Une réponse judiciaire nécessaire, mais insuffisante
La mise sous scellés des fonds, leur consignation à la Banque centrale et l’ouverture d’une enquête approfondie sont des exigences indispensables. Elles traduisent un réflexe d’État face à une situation potentiellement grave : transport illicite de capitaux, blanchiment, corruption ou financement d’activités illégales.
Cependant, cette réponse, aussi rigoureuse soit-elle, intervient en aval. Elle traite les conséquences visibles, sans nécessairement s’attaquer aux racines profondes du problème.
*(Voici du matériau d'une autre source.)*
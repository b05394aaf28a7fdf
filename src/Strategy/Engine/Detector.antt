-- ===== src/Strategy/Engine/Detector.antt =====
-- The detector task of engine.rs.
use arb_core.Common.{
  ℕ, ◌+◌, Bool, true, false, not, List, [], ◌∷◌, ◌++◌, String, Outcome, ok, err, panic, ◌>>=◌,
  or_panic, if◌then◌else◌, leb, length,
}
use arb_core.Common.Dict.{put, delete}
use arb_core.Decimal.{Decimal, nil, is_lt, is_le}
use arb_core.MarketData.Triangle.{TriView}
use arb_core.Strategy.Config.{StrategyConfig, StrategyError}
use arb_core.Strategy.Detector.{Opportunity, LegEstimate, detect_triangular_opportunities}
use arb_core.Strategy.Planner.{TradePlan, OrderLeg, build_trade_plan}
use arb_core.Strategy.Engine.{StrategyEngine, count_seen, count_submitted, count_rejected}

-- What the checks make of an opportunity. `crashed` is a panic of the task.
pub data Verdict (D : Type 0) : Type 0 where
  refused crashed : Verdict D
  accepted : TradePlan D → Verdict D

module _ {D : Type 0} where
  abbrev pub verdict_of : Outcome (StrategyError D) (TradePlan D) → Verdict D
  verdict_of (ok plan) = accepted plan
  verdict_of (err e) = refused
  verdict_of panic = crashed

  abbrev pub after_checks : Outcome (StrategyError D) Bool → Verdict D → Verdict D
  after_checks (ok true) v = v
  after_checks (ok false) v = refused
  after_checks (err e) v = refused
  after_checks panic v = crashed

module _ {D : Type 0} ⦃d : Decimal D⦄ where
  -- `vec![Decimal::ZERO; n]`
  unfoldable pub no_fills : List (OrderLeg D) → List D
  no_fills [] = []
  no_fills (leg ∷ legs) = nil ∷ no_fills legs

module _ {D F : Type 0} ⦃d : Decimal D⦄ where
  open d use {mul, div}

  unfoldable pub profit_check :
      StrategyConfig D F → Opportunity D → List (LegEstimate D) → Outcome (StrategyError D) Bool
  profit_check cfg op [] = ok false
  profit_check cfg op (first_leg ∷ rest) =
      or_panic (div op.estimated_profit (mul first_leg.qty op.implied_price)) >>= λ profit_pct.
      ok (not (is_lt profit_pct cfg.limits.min_profit_pct))

  unfoldable pub pre_trade_checks :
      StrategyConfig D F → Opportunity D → Outcome (StrategyError D) Bool
  unfolding profit_check
  pre_trade_checks cfg op =
      if is_le op.estimated_profit cfg.limits.min_profit_abs
      then ok false
      else (if is_lt nil cfg.limits.min_profit_pct then profit_check cfg op op.legs else ok true)

  -- the checks of one opportunity, at a count of the plans in flight
  unfoldable pub vet : StrategyConfig D F → ℕ → Opportunity D → String → ℕ → Verdict D
  unfolding pre_trade_checks build_trade_plan
  vet cfg infl_count op id now =
      if leb cfg.max_concurrent_plans infl_count
      then refused
      else after_checks (pre_trade_checks cfg op) (verdict_of (build_trade_plan op cfg id now))

  unfoldable pub register : StrategyEngine D F → TradePlan D → ℕ → StrategyEngine D F
  unfolding no_fills
  register e plan now = record e {
    inflight = put e.inflight plan.id (record {
      plan = plan;
      filled = no_fills plan.legs;
      submitted_at = now;
      timeout_ms = e.cfg.order_timeout_ms;
    });
  }

  unfoldable pub submit : StrategyEngine D F → TradePlan D → StrategyEngine D F
  submit e plan =
      if e.exec_open
      then count_submitted (record e { exec_sent = e.exec_sent ++ (plan ∷ []) })
      else count_rejected (record e { inflight = delete e.inflight plan.id })

  -- The body of the loop over the opportunities; false if the task has panicked.
  unfoldable pub handle_opportunity :
      StrategyEngine D F → Opportunity D → String → ℕ → StrategyEngine D F × Bool
  unfolding vet register submit
  handle_opportunity e op id now = elim (vet e.cfg (length e.inflight) op id now) [
    | refused ↦ (count_rejected e, true)
    | crashed ↦ (e, false)
    | accepted plan ↦ (submit (register e plan now) plan, true)
  ]

  -- The environment gives a fresh identity and the time for each opportunity.
  unfoldable pub handle_opportunities :
      StrategyEngine D F → List (Opportunity D) → ℕ → (ℕ → String × ℕ) → StrategyEngine D F × Bool
  unfolding handle_opportunity
  handle_opportunities e [] i env = (e, true)
  handle_opportunities e (op ∷ ops) i env =
      let (e', alive) = handle_opportunity e op (env i).0 (env i).1 in
      let rest = handle_opportunities e' ops (i + 1) env in if alive then rest else (e', false)

  abbrev pub on_opportunities :
      StrategyEngine D F
      → ℕ
      → (ℕ → String × ℕ)
      → Outcome (StrategyError D) (List (Opportunity D))
      → StrategyEngine D F × Bool
  on_opportunities e i env (ok ops) = handle_opportunities e ops i env
  on_opportunities e i env (err b) = (e, false)
  on_opportunities e i env panic = (e, false)

  -- one view of the detector's loop
  unfoldable pub handle_view :
      StrategyEngine D F → TriView D → ℕ → (ℕ → String × ℕ) → StrategyEngine D F × Bool
  unfolding handle_opportunities
  handle_view e view i env =
      on_opportunities (count_seen e) i env
        (detect_triangular_opportunities view e.cfg.fee_map e.cfg.limits.min_profit_abs)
Car transporter près de deux millions de dollars en liquide à travers un aéroport international ne relève pas d’une simple imprudence individuelle : c’est le signe d’un environnement où de telles pratiques restent possibles, voire tolérées dans certaines sphères.
L’économie du cash : une vulnérabilité persistante
En RDC, comme dans de nombreuses économies fragiles, la prédominance du cash constitue une faille majeure. Elle facilite les transactions opaques, contourne les circuits bancaires et complique la traçabilité des flux financiers. Dans ce contexte, les aéroports deviennent des points de passage stratégiques pour des capitaux dont l’origine et la destination échappent souvent à tout contrôle.

L’affaire de N’djili met ainsi en lumière les limites des mécanismes de surveillance financière. Comment une telle somme a-t-elle pu être mobilisée, transportée et presque exportée sans alerte préalable ? La question pointe vers des lacunes dans la coordination entre services douaniers, autorités monétaires et organes de renseignement financier.
Un problème de gouvernance et de confiance
Au cœur de cette affaire se trouve également une problématique de confiance. Lorsque les acteurs économiques privilégient le liquide, c’est souvent parce qu’ils doutent des institutions : instabilité bancaire, crainte de saisies arbitraires, fiscalité jugée imprévisible ou corruption endémique.
Dans ce contexte, le recours au cash devient une stratégie de contournement. Mais cette stratégie alimente en retour un cercle vicieux : elle affaiblit les institutions financières, réduit les recettes fiscales de l’État et entretient un climat d’opacité propice aux dérives.
L’impératif d’une réforme en profondeur
Si l’enquête annoncée devra établir les responsabilités individuelles, elle ne saurait suffire à elle seule. L’enjeu est plus large : il concerne la réforme du système dans son ensemble.
Cela passe par :
• le renforcement des mécanismes de lutte contre le blanchiment d’argent ;
• la modernisation et la digitalisation des services financiers ;
• une meilleure coordination entre institutions de contrôle ;
• et surtout, une volonté politique constante de lutter contre l’impunité.
Sans ces transformations, d’autres « affaires N’djili » continueront d’émerger, chacune traitée comme un cas isolé, alors qu’elles relèvent d’une même matrice.
Un test pour la crédibilité de l’État
L’interception des 1,9 million USD constitue, en définitive, un test. Un test pour la crédibilité de l’appareil judiciaire, appelé à démontrer son indépendance et son efficacité. Un test pour l’exécutif, sommé de transformer une réaction ponctuelle en politique publique cohérente. Et un test pour l’État lui-même, confronté à la nécessité de restaurer la confiance.
Car au-delà des chiffres et des procédures, c’est bien la question de la gouvernance qui est posée. Et tant que cette question restera sans réponse structurelle, les valises de billets continueront de circuler discrètement, mais sûrement.